Ночью Лариво заглядывает в окно Лагалетта.
«Серый свет лежит на полу; келья так одинока <…> на полу, подняв худую поясницу, маленький епископ лежит в коленопреклоненной мольбе. Вот нежный силуэт вихрастого кота вползает зябким кошачьим движением из-под коленок вверх; рука Лагалетта тянется назад; котенок занялся рукой. Лагалетт лежит лбом на земле, забыв молитву, и играет с котенком, торчащим на его заду» (с. 89–90).
Перед нами повышенный интерес, напряженное вглядывание противоположных полюсов друг в друга, личная заинтересованность, чуть ли не взаимная влюбленность. Сцена с котенком показывает, что сердцу героя свойственно сострадание к одиночеству и физической слабости врага.
С кем Христос? По вине Лагалетта Лариво ссылают. Но опыт изменяет героя: «Великая любовница и великий ум стоили друг друга. Они сделали то, что я стал простым, умеренным смертным – и великая революция меня пощадила».

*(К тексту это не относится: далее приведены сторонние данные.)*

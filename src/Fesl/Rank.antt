-- ===== src/Fesl/Rank.antt =====
-- server/fesl/rank.go: the statistics handlers, apart from `UpdateStats` and `GetTopNAndStats` below.
pub mod Keeps
pub mod Closed
pub mod Requests
pub mod Replies
pub mod Emit
pub mod Update
pub mod TopN
use medge_net.Prelude.{
  ℕ, zero, suc, ◌+◌, Bool, true, false, not, ◌&&◌, ◌||◌, String, List, [], ◌∷◌, ◌++◌, Option, none,
  some, Bytes, codes, length, if◌then◌else◌,
}
use medge_net.Prelude.Int.{ℤ, pos, ◌==ℤ◌}
use medge_net.Env.{Env}
use medge_net.Exec.{Run, pure, ◌>>=◌}
use medge_net.Float.{is_nought}
use medge_net.Packet.{Kv, Packet, Params, params_map, param, encode}
use medge_net.Store.{Store}
use medge_net.Store.Historical.{is_historical_owner, historical_stats}
use medge_net.Store.Rank.{RankedStat, ranked_stats, historical_ranked_stats}
use medge_net.Store.Stats.{Values, get_stats}
use medge_net.Fesl.Rank.Emit.{default_for_key, emit_stat_group_flat, ranked_line}
use medge_net.Fesl.Rank.Requests.{
  OwnerRequest, parse_key_list, parse_owner_list, rank_lookup_persona_id, primary_time_key,
}
use medge_net.Fesl.Session.{
  World, current, on_store, kv, kvs, field, atoi, is_zero, indexed, with_default,
}
use medge_net.Text.{is_empty}
use medge_net.Text.Number.{format_int, format_nat}

abbrev pub zero_ranked : Bytes → RankedStat
zero_ranked key = record { rank = 0; value = default_for_key key }

module _ (env : Env) where
  -- The choice between the two sources of statistics that every handler makes.
  unfoldable pub stats_of : ℤ → List Bytes → ℤ → Run Store Values
  stats_of id keys period_id =
      if is_historical_owner id
      then historical_stats env id keys period_id
      else get_stats env id keys period_id

  unfoldable pub ranked_of : ℤ → Bytes → ℤ → Run Store RankedStat
  ranked_of id key period_id =
      if is_historical_owner id
      then historical_ranked_stats env id key period_id
      else ranked_stats env id key period_id

  abbrev rank_text : RankedStat → Bytes
  rank_text r = if is_nought r.value then codes "0" else format_nat r.rank

  unfoldable pub stat_group_rank_value : ℤ → List Bytes → ℤ → Run Store Bytes
  unfolding ranked_of
  stat_group_rank_value owner_id keys period_id =
      let key = primary_time_key keys in
      if is_zero owner_id || is_empty key
      then pure (codes "0")
      else do ranked ← ranked_of owner_id key period_id; pure (rank_text ranked)

  abbrev owner_lines : String → ℤ → Bytes → ℕ → String → List Kv
  owner_lines txn id typ count lists = kvs (
      codes "TXN"
      ∷ codes txn
      ∷ codes "ownerId"
      ∷ format_int id
      ∷ codes "ownerType"
      ∷ typ
      ∷ codes "owner"
      ∷ format_int id
      ∷ codes lists
      ∷ format_nat count
      ∷ [])

  unfoldable pub handle_get_stats : Packet → Run World Bytes
  unfolding stats_of stat_group_rank_value
  handle_get_stats pkt = do
    session ← current
    let owner = atoi (field pkt "owner")
    let period_id = atoi (field pkt "periodId")
    keys ← parse_key_list env (params_map pkt.params) (codes "keys")
    let persona_id = rank_lookup_persona_id session owner
    let response_owner_id = if is_zero owner then persona_id else owner
    stats ← if is_zero persona_id then pure [] else on_store (stats_of persona_id keys period_id)
    rank_value ← on_store (stat_group_rank_value persona_id keys period_id)
    pure (
        encode (codes "rank") pkt.id (
          owner_lines "GetStats" response_owner_id
            (with_default (field pkt "ownerType") (codes "1")) (length keys) "stats.[]"
          ++ emit_stat_group_flat env (codes "stats.") stats keys rank_value))

  -- `ranked`, or the default where the store has nothing.
  abbrev or_zero : Bytes → RankedStat → RankedStat
  or_zero key got = if is_nought got.value then zero_ranked key else got

  unfoldable pub ranked_or_zero : ℤ → Bytes → ℤ → Run Store RankedStat
  unfolding ranked_of
  ranked_or_zero persona_id key period_id =
      if is_zero persona_id
      then pure (zero_ranked key)
      else do got ← ranked_of persona_id key period_id; pure (or_zero key got)

  -- The loop of `handleGetRankedStats`, from key `i` on.
  unfoldable pub ranked_lines : ℤ → ℤ → ℕ → List Bytes → Run Store (List Kv)
  unfolding ranked_or_zero
  ranked_lines persona_id period_id i [] = pure []
  ranked_lines persona_id period_id i (key ∷ keys) = do
    ranked ← ranked_or_zero persona_id key period_id
    rest ← ranked_lines persona_id period_id (i + 1) keys
    pure (
        ranked_line env (indexed (codes "rankedStats.") i []) key ranked
        ++ (ranked_line env (indexed (codes "stats.") i []) key ranked ++ rest))

  unfoldable pub handle_get_ranked_stats : Packet → Run World Bytes
  unfolding ranked_lines
  handle_get_ranked_stats pkt = do
    session ← current
    let owner = atoi (field pkt "owner")
    let period_id = atoi (field pkt "periodId")
    keys ← parse_key_list env (params_map pkt.params) (codes "keys")
    let persona_id = rank_lookup_persona_id session owner
    let response_owner_id = if is_zero owner then persona_id else owner
    lines ← on_store (ranked_lines persona_id period_id 0 keys)
    pure (
        encode (codes "rank") pkt.id (
          owner_lines "GetRankedStats" response_owner_id
            (with_default (field pkt "ownerType") (codes "1")) (length keys) "rankedStats.[]"
          ++ (kv (codes "stats.[]") (format_nat (length keys)) ∷ lines)))

  -- The loop of `handleGetStatsForOwners`, from owner `i` on.
  unfoldable pub stats_for_owners :
      (ℤ → ℤ) → List Bytes → ℤ → ℕ → List OwnerRequest → Run Store (List Kv)
  unfolding stats_of stat_group_rank_value
  stats_for_owners lookup keys period_id i [] = pure []
  stats_for_owners lookup keys period_id i (o ∷ os) = do
    let id = lookup o.id
    stats ← stats_of id keys period_id
    rank_value ← stat_group_rank_value id keys period_id
    rest ← stats_for_owners lookup keys period_id (i + 1) os
    let prefix = indexed (codes "stats.") i []
    pure (
        (kv (prefix ++ codes ".ownerId") (format_int o.id)
          ∷ kv (prefix ++ codes ".ownerType") o.typ
          ∷ kv (prefix ++ codes ".owner") (format_int o.id)
          ∷ kv (prefix ++ codes ".rank") rank_value
          ∷ emit_stat_group_flat env (prefix ++ codes ".stats.") stats keys rank_value)
        ++ rest)

  unfoldable pub handle_get_stats_for_owners : Packet → Run World Bytes
  unfolding stats_for_owners
  handle_get_stats_for_owners pkt = do
    session ← current
    let p = params_map pkt.params
    let period_id = atoi (field pkt "periodId")
    owners ← parse_owner_list env p
    keys ← parse_key_list env p (codes "keys")
    lines ← on_store (stats_for_owners (rank_lookup_persona_id session) keys period_id 0 owners)
    pure (
        encode (codes "rank") pkt.id (
          kvs (
            codes "TXN"
            ∷ codes "GetStatsForOwners"
            ∷ codes "stats.[]"
            ∷ format_nat (length owners)
            ∷ [])
          ++ lines))

  -- The inner loop of `handleGetRankedStatsForOwners`, from key `j` on.
  unfoldable pub owner_ranks : Bytes → ℤ → ℤ → ℕ → List Bytes → Run Store (List Kv)
  unfolding ranked_of
  owner_ranks prefix id period_id j [] = pure []
  owner_ranks prefix id period_id j (key ∷ keys) = do
    got ← ranked_of id key period_id
    rest ← owner_ranks prefix id period_id (j + 1) keys
    pure (
        ranked_line env (indexed (prefix ++ codes ".rankedStats.") j []) key (or_zero key got)
        ++ rest)

  unfoldable pub ranks_for_owners :
      (ℤ → ℤ) → List Bytes → ℤ → ℕ → List OwnerRequest → Run Store (List Kv)
  unfolding owner_ranks
  ranks_for_owners lookup keys period_id i [] = pure []
  ranks_for_owners lookup keys period_id i (o ∷ os) = do
    let prefix = indexed (codes "rankedStats.") i []
    ranks ← owner_ranks prefix (lookup o.id) period_id 0 keys
    rest ← ranks_for_owners lookup keys period_id (i + 1) os
    pure (
        (kv (prefix ++ codes ".ownerId") (format_int o.id)
          ∷ kv (prefix ++ codes ".ownerType") o.typ
          ∷ kv (prefix ++ codes ".owner") (format_int o.id)
          ∷ kv (prefix ++ codes ".rankedStats.[]") (format_nat (length keys))
          ∷ ranks)
        ++ rest)

  unfoldable pub handle_get_ranked_stats_for_owners : Packet → Run World Bytes
  unfolding ranks_for_owners
  handle_get_ranked_stats_for_owners pkt = do
    session ← current
    let p = params_map pkt.params
    let period_id = atoi (field pkt "periodId")
    owners ← parse_owner_list env p
    keys ← parse_key_list env p (codes "keys")
    lines ← on_store (ranks_for_owners (rank_lookup_persona_id session) keys period_id 0 owners)
    pure (
        encode (codes "rank") pkt.id (
          kvs (
            codes "TXN"
            ∷ codes "GetRankedStatsForOwners"
            ∷ codes "rankedStats.[]"
            ∷ format_nat (length owners)
            ∷ [])
          ++ lines))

К вернувшемуся Лариво возвращается его овдовевшая служанка Дениза: «Она не пыталась осмыслить событий, но была добра». Сам Лариво – секретарь суда, он «стал проще в эти годы», думает «о доброте, о смерти» и «сохранил доброту, но стал чрезвычайно, до крайности спокоен». Герой знает, что, «убивая, он не имеет права жить», и постоянно готов «встретить смерть, как добрую соседку». Смерть и доброта здесь идут вместе. Но в каком смысле?